**EXERCISE OBJECTIVE:** Lines with the word "exceeds": copy all of them from the entries below.

Stored items
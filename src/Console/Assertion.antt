-- ===== src/Console/Assertion.antt =====
-- `verifyPomeriumAssertion`.
use ai_base.Common.{
  ℕ, zero, ◌+◌, String, List, [], ◌∷◌, Bool, true, false, not, ◌&&◌, ◌||◌, Option, none, some,
  ◌===◌, ◌<>◌, any, includes,
}
use ai_base.Common.Attempt.{Attempt, returned, failed, fail_if}
use ai_base.Common.Integers.{ℤ, exceeds, at_most}
use ai_base.Text.{is_empty, strip_slash}
use ai_base.Text.Cut.{split_on}
use ai_base.Json.{Json, Fields, int, str, get_field}
use ai_base.Console.{AuthError, auth_error, Outside}
use ai_base.Console.Claims.{
  string_claim, numeric_claim, audience_claim, decode_part, decode_pomerium_assertion,
}

-- `header.alg === "ES256"`
unfoldable pub is_es256 : Option Json → Bool
is_es256 (some (str alg)) = alg === "ES256"
is_es256 value = false

-- The `try` block.
unfoldable pub is_signed : Outside → String → String → String → String → Bool
is_signed outside public_key header payload signature =
    is_es256 (get_field (decode_part outside header) "alg")
    && outside.verifies public_key (header <> ("." <> payload)) (outside.platform.decode signature)

-- `0` is no expiry.
unfoldable pub is_zero : Option Json → Bool
is_zero (some (int zero)) = true
is_zero value = false

unfoldable pub is_past : Option ℤ → ℕ → Bool
is_past none now = true
is_past (some expires) now = at_most expires now 30

unfoldable pub is_early : Option ℤ → ℕ → Bool
is_early none now = false
is_early (some not_before) now = exceeds not_before (now + 30)

unfoldable pub is_stale : Outside → Fields → ℕ → Bool
is_stale outside claims now =
    is_zero (get_field claims "exp")
    || is_past (numeric_claim outside (get_field claims "exp")) now
    || is_early (numeric_claim outside (get_field claims "nbf")) now

-- The test of the audience, where one is expected.
unfoldable pub misses_audience : Option (List String) → Fields → Bool
misses_audience none claims = false
misses_audience (some expected) claims =
    not (any (λ audience. includes (audience_claim (get_field claims "aud")) audience) expected)

unfoldable pub same_issuer : Option String → String → Bool
same_issuer none expected = false
same_issuer (some issuer) expected = strip_slash issuer === strip_slash expected

unfoldable pub misses_issuer : Option String → Fields → Bool
misses_issuer none claims = false
misses_issuer (some expected) claims =
    not (is_empty expected) && not (same_issuer (string_claim (get_field claims "iss")) expected)

module _ (outside : Outside) (public_key : String) (audience : Option (List String))
    (issuer : Option String) (now : ℕ) where
  -- From the split on.
  unfoldable pub verify_assertion_parts : String → List String → Attempt AuthError Fields
  verify_assertion_parts assertion (header ∷ payload ∷ signature ∷ []) =
      let claims = decode_pomerium_assertion outside (some assertion) in
      fail_if (is_empty header || is_empty payload || is_empty signature)
        (auth_error "Pomerium 身份断言格式无效" 401)
        (fail_if (not (is_signed outside public_key header payload signature))
          (auth_error "Pomerium 身份断言签名无效" 401)
          (fail_if (is_stale outside claims now) (auth_error "Pomerium 身份断言已过期或尚未生效" 401) (
            fail_if (misses_audience audience claims) (auth_error "Pomerium 身份断言 Audience 不匹配" 401)
              (fail_if (misses_issuer issuer claims) (auth_error "Pomerium 身份断言 Issuer 不匹配" 401)
                (returned claims)))))
  verify_assertion_parts assertion parts = failed (auth_error "Pomerium 身份断言格式无效" 401)

  unfoldable pub verify_pomerium_assertion : String → Attempt AuthError Fields
  verify_pomerium_assertion assertion = verify_assertion_parts assertion (split_on b'.' assertion)
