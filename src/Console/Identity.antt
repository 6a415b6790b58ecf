-- ===== src/Console/Identity.antt =====
-- `consoleIdentityFromHeaders`, `getConsoleIdentity` and `requireConsoleAdmin`.
use ai_base.Common.{
  ℕ, String, List, [], ◌∷◌, Bool, true, false, not, Option, none, some, ◌===◌, if◌then◌else◌,
}
use ai_base.Common.Attempt.{Attempt, returned, failed, fail_if, ◌>>=◌}
use ai_base.Common.Results.{Result, ok, thrown}
use ai_base.Text.{trim, is_empty, strip_slash}
use ai_base.Text.Cut.{split_on, trimmed_parts}
use ai_base.Json.{Fields, get_field}
use ai_base.Session.Token.{WeComConsoleSessionClaims, verify_we_com_console_session}
use ai_base.Session.Cookie.{read_we_com_console_session_cookie}
use ai_base.Console.{AuthError, auth_error, LinkedIdentity, Outside, Env, Headers, text_or}
use ai_base.Console.Claims.{
  text_claim, string_claim, string_array_claim, decode_pomerium_assertion, broker_subject,
  is_console_admin_email,
}
use ai_base.Console.Assertion.{verify_pomerium_assertion}

pub record ConsoleIdentity : Type 0 where
  pub upstream_issuer : String
  pub upstream_subject : String
  pub principal_issuer : String
  pub principal_subject : String
  pub email : String
  pub name : String
  pub groups : List String
  pub preferred_username : Option String
  pub is_admin : Bool

-- `a || b` on texts that may be missing and are not empty.
abbrev pub or_claim : Option String → Option String → Option String
or_claim none b = b
or_claim (some s) b = some s

-- `texts[0]`
unfoldable pub first_of : List String → String
first_of [] = ""
first_of (s ∷ ss) = s

unfoldable pub trimmed_text : Option String → String
trimmed_text none = ""
trimmed_text (some s) = trim s

unfoldable pub is_dev : Env → Bool
is_dev env = elim env.dev_identity_enabled [ none ↦ false | some s ↦ s === "true" ]

module _ (outside : Outside) (env : Env) where
  unfoldable pub login_issuer : String
  login_issuer = strip_slash (text_or env.login_issuer "http://dex.localtest.me:5556/dex")

  unfoldable pub principal_issuer : String
  principal_issuer = strip_slash (text_or env.mcp_issuer "http://127.0.0.1:8080/oauth")

  unfoldable pub claimed_email : Fields → Headers → String
  claimed_email claims input = outside.platform.lower (
      text_or
        (or_claim (string_claim (get_field claims "email"))
          (text_claim (input "x-pomerium-claim-email")))
        "")

  unfoldable pub claimed_subject : Fields → Headers → Option String
  claimed_subject claims input = or_claim (string_claim (get_field claims "sub")) (
      or_claim (text_claim (input "x-pomerium-claim-sub"))
        (text_claim (input "x-pomerium-claim-user")))

  unfoldable pub claimed_name : Fields → Headers → String → String
  claimed_name claims input email =
      text_or
        (or_claim (string_claim (get_field claims "name"))
          (text_claim (input "x-pomerium-claim-name")))
        (text_or (some (first_of (split_on b'@' email))) "企业员工")

  unfoldable pub dev_identity : ConsoleIdentity
  dev_identity =
      let subject = text_or (some (trimmed_text env.dev_subject)) "local-development-admin" in
      record {
        upstream_issuer = login_issuer;
        upstream_subject = subject;
        principal_issuer = principal_issuer;
        principal_subject = broker_subject outside login_issuer subject;
        email =
            text_or (some (outside.platform.lower (trimmed_text env.dev_email)))
              "admin@example.com";
        name = text_or (some (trimmed_text env.dev_name)) "本地管理员";
        groups = "local-development" ∷ [];
        preferred_username = none;
        is_admin = true;
      }

  unfoldable pub claimed_identity : Fields → Headers → String → String → ConsoleIdentity
  claimed_identity claims input email subject = record {
    upstream_issuer = login_issuer;
    upstream_subject = subject;
    principal_issuer = principal_issuer;
    principal_subject = broker_subject outside login_issuer subject;
    email = email;
    name = claimed_name claims input email;
    groups = string_array_claim (get_field claims "groups");
    preferred_username = string_claim (get_field claims "preferred_username");
    is_admin = is_console_admin_email outside env email;
  }

  -- The identity where the email or the subject is missing.
  unfoldable pub incomplete : Attempt AuthError ConsoleIdentity
  incomplete =
      if is_dev env then returned dev_identity else failed (auth_error "未从 Pomerium 获取到完整登录身份" 401)

  unfoldable pub console_identity_from_headers : Headers → Attempt AuthError ConsoleIdentity
  console_identity_from_headers input =
      let claims = decode_pomerium_assertion outside (input "x-pomerium-jwt-assertion") in
      let email = claimed_email claims input in
      elim (claimed_subject claims input) [
        | none ↦ incomplete
        | some subject ↦
            if is_empty email
            then incomplete
            else returned (claimed_identity claims input email subject)
      ]

  -- `options.audience || (configuredAudiences.length ? configuredAudiences : undefined)`, where an
  -- audience that is given is not the empty text.
  unfoldable pub expected_audience : Option (List String) → Option (List String)
  expected_audience (some given) = some given
  expected_audience none = elim (trimmed_parts (split_on b',' (text_or env.jwt_audience ""))) [
    | [] ↦ none
    | a ∷ as' ↦ some (a ∷ as')
  ]

  -- The branch with an assertion.
  unfoldable pub asserted_identity :
      Headers → Option (List String) → ℕ → String → Attempt AuthError ConsoleIdentity
  asserted_identity input audience now assertion =
      let path = trimmed_text env.public_key_path in
      fail_if (is_empty path) (auth_error "Pomerium JWT 公钥未配置" 503) (elim (outside.read_file path) [
        | none ↦ failed (auth_error "无法读取 Pomerium JWT 公钥" 503)
        | some key ↦
            verify_pomerium_assertion outside key (expected_audience audience)
              (some (trimmed_text env.jwt_issuer)) now assertion
            >>= λ claims. console_identity_from_headers input
      ])

  unfoldable pub linked_identity : LinkedIdentity → ConsoleIdentity
  linked_identity linked = record {
    upstream_issuer = linked.principal_issuer;
    upstream_subject = linked.principal_subject;
    principal_issuer = linked.principal_issuer;
    principal_subject = linked.principal_subject;
    email = outside.platform.lower linked.email;
    name = linked.name;
    groups = [];
    preferred_username = none;
    is_admin = is_console_admin_email outside env linked.email;
  }

  -- A `WeComConsoleSessionError` becomes a `ConsoleAuthError` with its message.
  unfoldable pub session_claims :
      Result WeComConsoleSessionClaims → Attempt AuthError WeComConsoleSessionClaims
  session_claims (ok claims) = returned claims
  session_claims (thrown message) = failed (auth_error message 401)

  unfoldable pub found_link : Option LinkedIdentity → Attempt AuthError ConsoleIdentity
  found_link none = failed (auth_error "企业微信身份绑定已解除" 401)
  found_link (some linked) = returned (linked_identity linked)

  -- The branch with a session token.
  unfoldable pub session_identity : ℕ → String → Attempt AuthError ConsoleIdentity
  session_identity now token =
      session_claims (verify_we_com_console_session outside.platform env.session_secret token now)
      >>= λ claims.
          outside.linked claims.principal_issuer claims.principal_subject claims.link_id
          >>= found_link

  -- The session cookie, if it is not empty.
  unfoldable pub session_token : Headers → Option String
  session_token input =
      elim (read_we_com_console_session_cookie outside.platform (input "cookie")) [
        | none ↦ none
        | some token ↦ if is_empty token then none else some token
      ]

  -- The assertion, if it is not empty.
  unfoldable pub assertion_of : Headers → Option String
  assertion_of input = elim (input "x-pomerium-jwt-assertion") [
    | none ↦ none
    | some assertion ↦ if is_empty assertion then none else some assertion
  ]

  -- Without an assertion.
  unfoldable pub unasserted_identity : Headers → ℕ → Attempt AuthError ConsoleIdentity
  unasserted_identity input now = elim (session_token input) [
    | none ↦ failed (auth_error "未收到平台或企业微信自动登录会话" 401)
    | some token ↦ session_identity now token
  ]

  unfoldable pub get_console_identity :
      Headers → Option (List String) → ℕ → Attempt AuthError ConsoleIdentity
  get_console_identity input audience now =
      if is_dev env then console_identity_from_headers input else elim (assertion_of input) [
        | some assertion ↦ asserted_identity input audience now assertion
        | none ↦ unasserted_identity input now
      ]

  unfoldable pub require_console_admin : Headers → ℕ → Attempt AuthError ConsoleIdentity
  require_console_admin input now = get_console_identity input none now >>= λ identity.
      fail_if (not identity.is_admin) (auth_error "仅管理员可以访问该功能" 403) (returned identity)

**OUTPUT FOR THIS EXERCISE:**
use ai_base.Common.Integers.{ℤ, exceeds, at_most}
is_early (some not_before) now = exceeds not_before (now + 30)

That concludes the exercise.